***** PROVIDED DATA *****

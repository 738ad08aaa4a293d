-- ===== src/Reconciliation/Received.antt =====
-- What recorded reviews do to the quantities received:
-- `record_verified_review` and `reconciliation_for_site` of services/enrichment/app/reconciliation.py.
use challanse_website.Reviews.{VerifiedRow, of_receipt, overwrite, upsert_verified}
use challanse_website.Reconciliation.{Csv, PurchaseOrderRow}
use challanse_website.Reconciliation.Deltas.{
  VerifiedReviewEvent, event_row, record_verified_review, in_group, sum_verified, received_of,
}
use challanse_website.Prelude.{
  ℕ, ◌≡◌, refl, sym, ◌∙◌, subst, inl, inr, Bool, true, false, List, [], ◌∷◌, ◌++◌, arith, ◌+◌, ◌≤◌,
  Bool-cases, nat_beq_iff, nat_eq, string_eq, exists_in, exists_in-append, update, select,
  if◌then◌else◌, All, All-append_one,
}

sum_verified-append :
    (p : VerifiedRow → Bool) (rows : List VerifiedRow) (row : VerifiedRow)
    → sum_verified (select p (rows ++ row ∷ []))
      ≡ sum_verified (select p rows) + (if p row then row.verified_quantity else 0)
sum_verified-append p [] row = ground arith
sum_verified-append p (x ∷ rows) row = ground (arith, sum_verified-append p rows row)

-- A review of a receipt that had none adds its quantity to what is received on its own order at its
-- own site, and to no other.
first_review_counts :
    (csv : Csv) (e : VerifiedReviewEvent) (rows : List VerifiedRow) (organization site : ℕ)
    (order : PurchaseOrderRow)
    → exists_in (of_receipt e.receipt_id) rows ≡ false
    → received_of organization site (record_verified_review csv e rows) order
      ≡ received_of organization site rows order
        + (if in_group organization site order (event_row csv e) then e.verified_quantity else 0)
unfolding record_verified_review upsert_verified
first_review_counts csv e rows organization site order h =
    rw h (sum_verified-append (in_group organization site order) rows (event_row csv e))

-- The row of the receipt, if the row is one, is of this version or a newer one.
abbrev pub IsAsNew : ℕ → ℕ → VerifiedRow → Type 0
IsAsNew id version row = of_receipt id row ≡ true → version ≤ row.review_version

-- A review of this version or a newer one is recorded for the receipt.
abbrev pub IsRecorded : ℕ → ℕ → List VerifiedRow → Type 0
IsRecorded id version rows = (exists_in (of_receipt id) rows ≡ true) × All (IsAsNew id version) rows

exists_in-overwrite :
    (id : ℕ) (new : VerifiedRow) (rows : List VerifiedRow)
    → exists_in (of_receipt id) (update (of_receipt new.receipt_id) (overwrite new) rows)
      ≡ exists_in (of_receipt id) rows
exists_in-overwrite id new [] = refl
exists_in-overwrite id new (x ∷ rows) = ground (arith, exists_in-overwrite id new rows)

none-IsAsNew :
    (id version : ℕ) (rows : List VerifiedRow)
    → exists_in (of_receipt id) rows ≡ false
    → All (IsAsNew id version) rows
none-IsAsNew id version [] h = tt
none-IsAsNew id version (x ∷ rows) h =
    ((λ k. ground (arith, h, k)), none-IsAsNew id version rows (ground (arith, h)))

overwrite-IsAsNew :
    (id version : ℕ) (new : VerifiedRow) (rows : List VerifiedRow)
    → All (IsAsNew id version) rows
    → All (IsAsNew id version) (update (of_receipt new.receipt_id) (overwrite new) rows)
overwrite-IsAsNew id version new [] h = tt
overwrite-IsAsNew id version new (x ∷ rows) h =
    let rest = overwrite-IsAsNew id version new rows h.1 in
    let here : IsAsNew id version x = h.0 in
    elim (Bool-cases (of_receipt new.receipt_id x)) [
      | inl e ↦ rw e ((λ k. ground (arith, here, k)), rest)
      | inr e ↦ rw e (here, rest)
    ]

upsert-IsRecorded :
    (id version : ℕ) (new : VerifiedRow) (rows : List VerifiedRow)
    → IsRecorded id version rows
    → IsRecorded id version (upsert_verified new rows)
unfolding upsert_verified
upsert-IsRecorded id version new rows h =
    elim (Bool-cases (exists_in (of_receipt new.receipt_id) rows)) [
      | inl e ↦
          rw e (exists_in-overwrite id new rows ∙ h.0, overwrite-IsAsNew id version new rows h.1)
      | inr e ↦ rw e (
        rw (exists_in-append (of_receipt id) rows new) (rw h.0 refl),
        All-append_one (IsAsNew id version) rows new h.1 (λ k. absurd (
            let same : new.receipt_id ≡ id = (nat_beq_iff new.receipt_id id).0 k in
            let there : exists_in (of_receipt new.receipt_id) rows ≡ true =
              subst (λ i. exists_in (of_receipt i) rows ≡ true) (sym same) h.0 in
            ground (arith, e, there))),
      )
    ]

rows-IsAsNew :
    (new : VerifiedRow) (rows : List VerifiedRow)
    → All
        (IsAsNew new.receipt_id new.review_version)
        (update (of_receipt new.receipt_id) (overwrite new) rows)
rows-IsAsNew new [] = tt
rows-IsAsNew new (x ∷ rows) =
    let rest = rows-IsAsNew new rows in
    elim (Bool-cases (of_receipt new.receipt_id x)) [
      | inl e ↦ rw e ((λ k. ground arith), rest)
      | inr e ↦ rw e ((λ k. ground (arith, e, k)), rest)
    ]

own-IsRecorded :
    (new : VerifiedRow) (rows : List VerifiedRow)
    → IsRecorded new.receipt_id new.review_version (upsert_verified new rows)
unfolding upsert_verified
own-IsRecorded new rows = elim (Bool-cases (exists_in (of_receipt new.receipt_id) rows)) [
  | inl e ↦ rw e (exists_in-overwrite new.receipt_id new rows ∙ e, rows-IsAsNew new rows)
  | inr e ↦ rw e (
    exists_in-append (of_receipt new.receipt_id) rows new
        ∙ ground (arith, (nat_beq_iff new.receipt_id new.receipt_id).1 refl),
    All-append_one (IsAsNew new.receipt_id new.review_version) rows new
        (none-IsAsNew new.receipt_id new.review_version rows e) (λ k. omega arith),
  )
]

update-as_new :
    (new : VerifiedRow) (rows : List VerifiedRow)
    → All (IsAsNew new.receipt_id new.review_version) rows
    → update (of_receipt new.receipt_id) (overwrite new) rows ≡ rows
update-as_new new [] h = refl
update-as_new new (x ∷ rows) h =
    let rest = update-as_new new rows h.1 in
    let here : IsAsNew new.receipt_id new.review_version x = h.0 in
    elim (Bool-cases (of_receipt new.receipt_id x)) [
      | inl e ↦ let le = here e in ground (arith, e, le, rest)
      | inr e ↦ ground (arith, e, rest)
    ]

upsert-as_new :
    (new : VerifiedRow) (rows : List VerifiedRow)
    → IsRecorded new.receipt_id new.review_version rows
    → upsert_verified new rows ≡ rows
unfolding upsert_verified
upsert-as_new new rows h = rw h.0 (update-as_new new rows h.1)

-- Events that arrive one after the other.
unfoldable pub record_all : Csv → List VerifiedReviewEvent → List VerifiedRow → List VerifiedRow
record_all csv [] rows = rows
record_all csv (e ∷ es) rows = record_all csv es (record_verified_review csv e rows)

record_all-IsRecorded :
    (csv : Csv) (es : List VerifiedReviewEvent) (id version : ℕ) (rows : List VerifiedRow)
    → IsRecorded id version rows
    → IsRecorded id version (record_all csv es rows)
unfolding record_all record_verified_review
record_all-IsRecorded csv [] id version rows h = h
record_all-IsRecorded csv (e ∷ es) id version rows h =
    record_all-IsRecorded csv es id version (record_verified_review csv e rows)
      (upsert-IsRecorded id version (event_row csv e) rows h)

-- A review that was recorded and arrives again, after whatever other reviews came in between, changes
-- nothing: neither a redelivery nor a review that is overtaken brings an old quantity back.
pub record_again :
    (csv : Csv) (e : VerifiedReviewEvent) (between : List VerifiedReviewEvent)
    (rows : List VerifiedRow)
    → let after = record_all csv between (record_verified_review csv e rows) in
      record_verified_review csv e after ≡ after
unfolding record_verified_review
record_again csv e between rows =
    upsert-as_new (event_row csv e) (record_all csv between (record_verified_review csv e rows)) (
      record_all-IsRecorded csv between e.receipt_id e.review_version
        (record_verified_review csv e rows) (own-IsRecorded (event_row csv e) rows))
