-- ===== src/Reconciliation/Convergence.antt =====
-- That the recorded reviews do not depend on the order in which they arrive
-- (`record_verified_review` of services/enrichment/app/reconciliation.py).
use mathlib.Core.List.{Perm, Permᴰ}
use mathlib.Core.Logic.{∥∥₁_elim}
use mathlib.Core.HLevel.{hedberg}
use challanse_website.Reviews.{VerifiedRow, of_receipt, overwrite, upsert_verified}
use challanse_website.Reconciliation.{Csv}
use challanse_website.Reconciliation.Deltas.{VerifiedReviewEvent, event_row, record_verified_review}
use challanse_website.Reconciliation.Received.{record_all}
use challanse_website.Prelude.{
  ℕ, String, string_eq, ◌≡◌, refl, sym, ap, ◌∙◌, subst, inl, inr, true, false, Option, none, some,
  List, [], ◌∷◌, ◌++◌, arith, ◌==◌, Bool-cases, nat_beq_iff, nat_eq, find?, update, exists_in,
  if◌then◌else◌, All, All-mono,
}

String-set : IsSet String
String-set = hedberg (λ x y. elim (Bool-cases (x == y)) [
  | inl e ↦ yes ((string_eq.same_iff x y).0 e)
  | inr e ↦ no (λ p. let k = (string_eq.same_iff x y).1 p in ground (arith, e, k))
])

-- Two reviews of one receipt are of one site, and of one version only if they are the same.
abbrev pub Agree : VerifiedReviewEvent → VerifiedReviewEvent → Type 0
Agree d e =
    d.receipt_id ≡ e.receipt_id
    → (d.organization_id ≡ e.organization_id)
      × (d.site_id ≡ e.site_id)
      × (d.review_version ≡ e.review_version → d ≡ e)

abbrev pub AllAgree : List VerifiedReviewEvent → Type 0
AllAgree es = All (λ e. All (Agree e) es) es

-- What a review makes of the row of a receipt: the newer of the two.
abbrev newer : VerifiedRow → Option VerifiedRow → Option VerifiedRow
newer new none = some new
newer new (some row) = some (overwrite new row)

abbrev merge : ℕ → VerifiedRow → Option VerifiedRow → Option VerifiedRow
merge id new old = if of_receipt id new then newer new old else old

find?-append :
    (id : ℕ) (new : VerifiedRow) (rows : List VerifiedRow)
    → exists_in (of_receipt new.receipt_id) rows ≡ false
    → find? (of_receipt id) (rows ++ new ∷ []) ≡ merge id new (find? (of_receipt id) rows)
find?-append id new [] h = ground arith
find?-append id new (x ∷ rows) h =
    let rest = find?-append id new rows (ground (arith, h)) in
    elim (Bool-cases (of_receipt id x)) [ inl e ↦ ground (arith, e, h) | inr e ↦ rw e rest ]

-- A row of another receipt is left alone.
find?-other :
    (id : ℕ) (new : VerifiedRow) (rows : List VerifiedRow)
    → of_receipt id new ≡ false
    → find? (of_receipt id) (update (of_receipt new.receipt_id) (overwrite new) rows)
      ≡ find? (of_receipt id) rows
find?-other id new [] h = refl
find?-other id new (x ∷ rows) h = ground (arith, h, find?-other id new rows h)

find?-own :
    (id : ℕ) (new : VerifiedRow) (rows : List VerifiedRow)
    → of_receipt id new ≡ true
    → exists_in (of_receipt new.receipt_id) rows ≡ true
    → find? (of_receipt id) (update (of_receipt new.receipt_id) (overwrite new) rows)
      ≡ newer new (find? (of_receipt id) rows)
find?-own id new [] own h = ground (arith, h)
find?-own id new (x ∷ rows) own h = elim (Bool-cases (of_receipt id x)) [
  | inl e ↦ ground (arith, own, e)
  | inr e ↦ ground (arith, own, e, find?-own id new rows own (ground (arith, own, e, h)))
]

-- The row of each receipt after a review, by the row before
find?-upsert :
    (id : ℕ) (new : VerifiedRow) (rows : List VerifiedRow)
    → find? (of_receipt id) (upsert_verified new rows) ≡ merge id new (find? (of_receipt id) rows)
unfolding upsert_verified
find?-upsert id new rows = elim (Bool-cases (exists_in (of_receipt new.receipt_id) rows)) [
  | inr e ↦ rw e (find?-append id new rows e)
  | inl e ↦ rw e (elim (Bool-cases (of_receipt id new)) [
    | inl f ↦ rw f (find?-own id new rows f e)
    | inr f ↦ rw f (find?-other id new rows f)
  ])
]

overwrite-commute :
    (csv : Csv) (d e : VerifiedReviewEvent) (row : VerifiedRow)
    → (d.review_version ≡ e.review_version → d ≡ e)
    → overwrite (event_row csv d) (overwrite (event_row csv e) row)
      ≡ overwrite (event_row csv e) (overwrite (event_row csv d) row)
overwrite-commute csv d e row same = elim (Bool-cases (d.review_version == e.review_version)) [
  | inl k ↦
      subst
        (λ x.
          overwrite (event_row csv d) (overwrite (event_row csv x) row)
          ≡ overwrite (event_row csv x) (overwrite (event_row csv d) row))
        (same ((nat_beq_iff d.review_version e.review_version).0 k)) refl
  | inr k ↦ ground (arith, k)
]

-- The first of the two reviews that arrives may be the first of its receipt.
newer-commute :
    (csv : Csv) (d e : VerifiedReviewEvent) (old : Option VerifiedRow)
    → d.receipt_id ≡ e.receipt_id
    → (d.organization_id ≡ e.organization_id)
      × (d.site_id ≡ e.site_id)
      × (d.review_version ≡ e.review_version → d ≡ e)
    → newer (event_row csv d) (newer (event_row csv e) old)
      ≡ newer (event_row csv e) (newer (event_row csv d) old)
newer-commute csv d e (some row) receipt (organization, site, same) =
    ap some (overwrite-commute csv d e row same)
newer-commute csv d e none receipt (organization, site, same) =
    elim (Bool-cases (d.review_version == e.review_version)) [
      | inl k ↦
          subst
            (λ x.
              newer (event_row csv d) (newer (event_row csv x) none)
              ≡ newer (event_row csv x) (newer (event_row csv d) none))
            (same ((nat_beq_iff d.review_version e.review_version).0 k)) refl
      | inr k ↦ ground (arith, k, receipt, organization, site)
    ]

merge-commute :
    (csv : Csv) (id : ℕ) (d e : VerifiedReviewEvent) (old : Option VerifiedRow)
    → Agree d e
    → merge id (event_row csv d) (merge id (event_row csv e) old)
      ≡ merge id (event_row csv e) (merge id (event_row csv d) old)
merge-commute csv id d e old agree = elim (Bool-cases (of_receipt id (event_row csv d))) [
  | inr f ↦ rw f refl
  | inl f ↦ elim (Bool-cases (of_receipt id (event_row csv e))) [
    | inr g ↦ rw g refl
    | inl g ↦ rw f (
        rw g (
          let receipt : d.receipt_id ≡ e.receipt_id =
            (nat_beq_iff d.receipt_id id).0 f ∙ sym ((nat_beq_iff e.receipt_id id).0 g) in
          newer-commute csv d e old receipt (agree receipt)))
  ]
]

module _ (csv : Csv) (id : ℕ) where
  abbrev merge_all : List VerifiedReviewEvent → Option VerifiedRow → Option VerifiedRow
  merge_all [] old = old
  merge_all (e ∷ es) old = merge_all es (merge id (event_row csv e) old)

  find?-record_all :
      (es : List VerifiedReviewEvent) (rows : List VerifiedRow)
      → find? (of_receipt id) (record_all csv es rows) ≡ merge_all es (find? (of_receipt id) rows)
  unfolding record_all record_verified_review
  find?-record_all [] rows = refl
  find?-record_all (e ∷ es) rows =
      find?-record_all es (record_verified_review csv e rows)
      ∙ ap (merge_all es) (find?-upsert id (event_row csv e) rows)

All-perm {κ} :
    (P : VerifiedReviewEvent → Type κ) {ds es : List VerifiedReviewEvent}
    → Permᴰ ds es
    → All P ds
    → All P es
All-perm P Permᴰ.nil h = h
All-perm P (Permᴰ.cons same p) h = (subst P same h.0, All-perm P p h.1)
All-perm P (Permᴰ.swap first second) h = (subst P second h.1.0, (subst P first h.0, h.1.1))
All-perm P (Permᴰ.trans p q) h = All-perm P q (All-perm P p h)

AllAgree-perm : {ds es : List VerifiedReviewEvent} → Permᴰ ds es → AllAgree ds → AllAgree es
AllAgree-perm {ds} {es} p h =
    All-perm (λ e. All (Agree e) es) p
      (All-mono (λ e. All (Agree e) ds) (λ e. All (Agree e) es) ds (λ e. All-perm (Agree e) p) h)

merge_all-perm :
    (csv : Csv) (id : ℕ) {ds es : List VerifiedReviewEvent} (old : Option VerifiedRow)
    → Permᴰ ds es
    → AllAgree ds
    → merge_all csv id ds old ≡ merge_all csv id es old
merge_all-perm csv id old Permᴰ.nil h = refl
merge_all-perm csv id old (Permᴰ.cons {a} {b} {l₁} {l₂} same p) h =
    merge_all-perm csv id (merge id (event_row csv a) old) p
      (All-mono (λ e. All (Agree e) (a ∷ l₁)) (λ e. All (Agree e) l₁) l₁ (λ e all. all.1) h.1)
    ∙ ap (λ e. merge_all csv id l₂ (merge id (event_row csv e) old)) same
merge_all-perm csv id old (Permᴰ.swap {a} {b} {a'} {l = l} first second) h =
    let agree : Agree b a = h.1.0.0 in
    ap (merge_all csv id l) (merge-commute csv id b a old agree)
    ∙ ap (λ e. merge_all csv id l (merge id (event_row csv a) (merge id (event_row csv e) old)))
        second
    ∙ ap (λ e. merge_all csv id l (merge id (event_row csv e) (merge id (event_row csv a') old)))
        first
merge_all-perm csv id old (Permᴰ.trans p q) h =
    merge_all-perm csv id old p h ∙ merge_all-perm csv id old q (AllAgree-perm p h)

-- Reviews may arrive in any order: the row of each receipt is the same afterwards. Those of one
-- receipt are of one site, and of one version only if they are the same review.
pub record_all-any_order :
    (csv : Csv) (ds es : List VerifiedReviewEvent) (rows : List VerifiedRow) (id : ℕ)
    → Perm ds es
    → AllAgree ds
    → find? (of_receipt id) (record_all csv ds rows)
      ≡ find? (of_receipt id) (record_all csv es rows)
record_all-any_order csv ds es rows id p h = ∥∥₁_elim p (hlevel String-set) (λ q.
    find?-record_all csv id ds rows
    ∙ merge_all-perm csv id (find? (of_receipt id) rows) q h
    ∙ sym (find?-record_all csv id es rows))
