-- ===== src/Reconciliation/Imports.antt =====
-- Imports of purchase orders: `import_tally_csv` of services/enrichment/app/reconciliation.py.
use challanse_website.Reconciliation.{
  Csv, PurchaseOrderRow, TallyImport, Books, parse_tally_csv, same_import, import_parsed,
  import_tally_csv,
}
use challanse_website.Prelude.{
  ℕ, String, ◌≡◌, refl, inl, inr, Bool, true, false, some, List, [], ◌∷◌, ◌++◌, arith, Option-cases,
  nat_beq_iff, nat_eq, string_eq, Result, ok, err, length, find?, find?-append_none,
}

-- A call of `import_tally_csv`.
pub record ImportCall : Type 0 where
  pub organization_id : ℕ
  pub site_id : ℕ
  pub imported_by : String
  pub now : ℕ
  pub content : String

find?-append_found :
    (p : TallyImport → Bool) (xs ys : List TallyImport) (x : TallyImport)
    → find? p xs ≡ some x
    → find? p (xs ++ ys) ≡ some x
find?-append_found p [] ys x h = ground (arith, h)
find?-append_found p (y ∷ xs) ys x h = ground (arith, h, find?-append_found p xs ys x)

import_parsed-keeps :
    (organization site : ℕ) (by : String) (now : ℕ) (checksum : String)
    (parsed : Result (List PurchaseOrderRow)) (s : Books) (p : TallyImport → Bool) (x : TallyImport)
    → find? p s.tally_imports ≡ some x
    → find? p (import_parsed organization site by now checksum parsed s).1.tally_imports ≡ some x
import_parsed-keeps organization site by now checksum (err e) s p x h = h
import_parsed-keeps organization site by now checksum (ok rows) s p x h =
    elim (Option-cases (find? (same_import organization site checksum) s.tally_imports)) [
      | inl e ↦ rw e (
          find?-append_found p s.tally_imports
            (record {
              id = s.next_id;
              organization_id = organization;
              site_id = site;
              checksum = checksum;
              imported_by = by;
              imported_at = now;
            }
              ∷ [])
            x h)
      | inr (i, e) ↦ rw e h
    ]

same_import-new :
    (id organization site : ℕ) (checksum by : String) (now : ℕ)
    → same_import organization site checksum record {
      id = id;
      organization_id = organization;
      site_id = site;
      checksum = checksum;
      imported_by = by;
      imported_at = now;
    }
      ≡ true
same_import-new id organization site checksum by now =
    rw ((nat_beq_iff organization organization).1 refl)
      (rw ((nat_beq_iff site site).1 refl) ((string_eq.same_iff checksum checksum).1 refl))

import_parsed-stores :
    (organization site : ℕ) (by : String) (now : ℕ) (checksum : String)
    (parsed : Result (List PurchaseOrderRow)) (s : Books) (id : ℕ) (again : Bool) (n : ℕ)
    → (import_parsed organization site by now checksum parsed s).0 ≡ ok (id, again, n)
    → (rows : List PurchaseOrderRow) × (x : TallyImport) × (parsed ≡ ok rows)
      × (length rows ≡ n)
      × (x.id ≡ id)
      × (find?
            (same_import organization site checksum)
            (import_parsed organization site by now checksum parsed s).1.tally_imports
          ≡ some x)
import_parsed-stores organization site by now checksum (err e) s id again n h = ground (arith, h)
import_parsed-stores organization site by now checksum (ok rows) s id again n h =
    elim (Option-cases (find? (same_import organization site checksum) s.tally_imports)) [
      | inl e ↦
          let k : ok (s.next_id, false, length rows) ≡ ok (id, again, n) = rw e at h in
          let new : TallyImport = record {
            id = s.next_id;
            organization_id = organization;
            site_id = site;
            checksum = checksum;
            imported_by = by;
            imported_at = now;
          } in
          (
            rows,
            new,
            refl,
            ground (arith, k),
            ground (arith, k),
            rw e (
                find?-append_none (same_import organization site checksum) s.tally_imports new e
                  (same_import-new s.next_id organization site checksum by now)),
          )
      | inr (i, e) ↦
          let k : ok (i.id, true, length rows) ≡ ok (id, again, n) = rw e at h in
          (rows, i, refl, ground (arith, k), ground (arith, k), rw e e)
    ]

module _ (csv : Csv) where
  abbrev pub call_import : ImportCall → Books → Result (ℕ × Bool × ℕ) × Books
  call_import c s = import_tally_csv csv c.organization_id c.site_id c.imported_by c.now c.content s

  unfoldable pub run_imports : List ImportCall → Books → Books
  run_imports [] s = s
  run_imports (c ∷ cs) s = run_imports cs (call_import c s).1

  run_imports-keeps :
      (cs : List ImportCall) (s : Books) (p : TallyImport → Bool) (x : TallyImport)
      → find? p s.tally_imports ≡ some x
      → find? p (run_imports cs s).tally_imports ≡ some x
  unfolding run_imports import_tally_csv
  run_imports-keeps [] s p x h = h
  run_imports-keeps (c ∷ cs) s p x h = run_imports-keeps cs (call_import c s).1 p x (
      import_parsed-keeps c.organization_id c.site_id c.imported_by c.now
        (csv.sha256 (csv.unix_lines c.content)) (parse_tally_csv csv c.content) s p x h)

  -- A file that was imported at a site is not imported there again: whoever sends it at whatever time,
  -- and whatever imports came in between, the answer names the first import and its number of rows, and
  -- nothing changes.
  pub import_again :
      (organization site : ℕ) (by by' : String) (now later : ℕ) (content : String) (s : Books)
      (id : ℕ) (again : Bool) (n : ℕ) (between : List ImportCall)
      → (import_tally_csv csv organization site by now content s).0 ≡ ok (id, again, n)
      → let after =
          run_imports between (import_tally_csv csv organization site by now content s).1 in
        import_tally_csv csv organization site by' later content after ≡ (ok (id, true, n), after)
  unfolding import_tally_csv
  import_again organization site by by' now later content s id again n between h =
      let checksum = csv.sha256 (csv.unix_lines content) in
      let (rows, x, parsed, count, same, found) =
        import_parsed-stores organization site by now checksum (parse_tally_csv csv content) s id
          again n h in
      let kept =
        run_imports-keeps between (import_tally_csv csv organization site by now content s).1
          (same_import organization site checksum) x found in
      rw parsed (rw (rw parsed at kept) (rw (same, count) refl))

*****

- **WORK TO COMPLETE**
For the string "true", count the lines of the preceding listing in which it appears, and report the count alone.

- **TASK RESPONSE**
12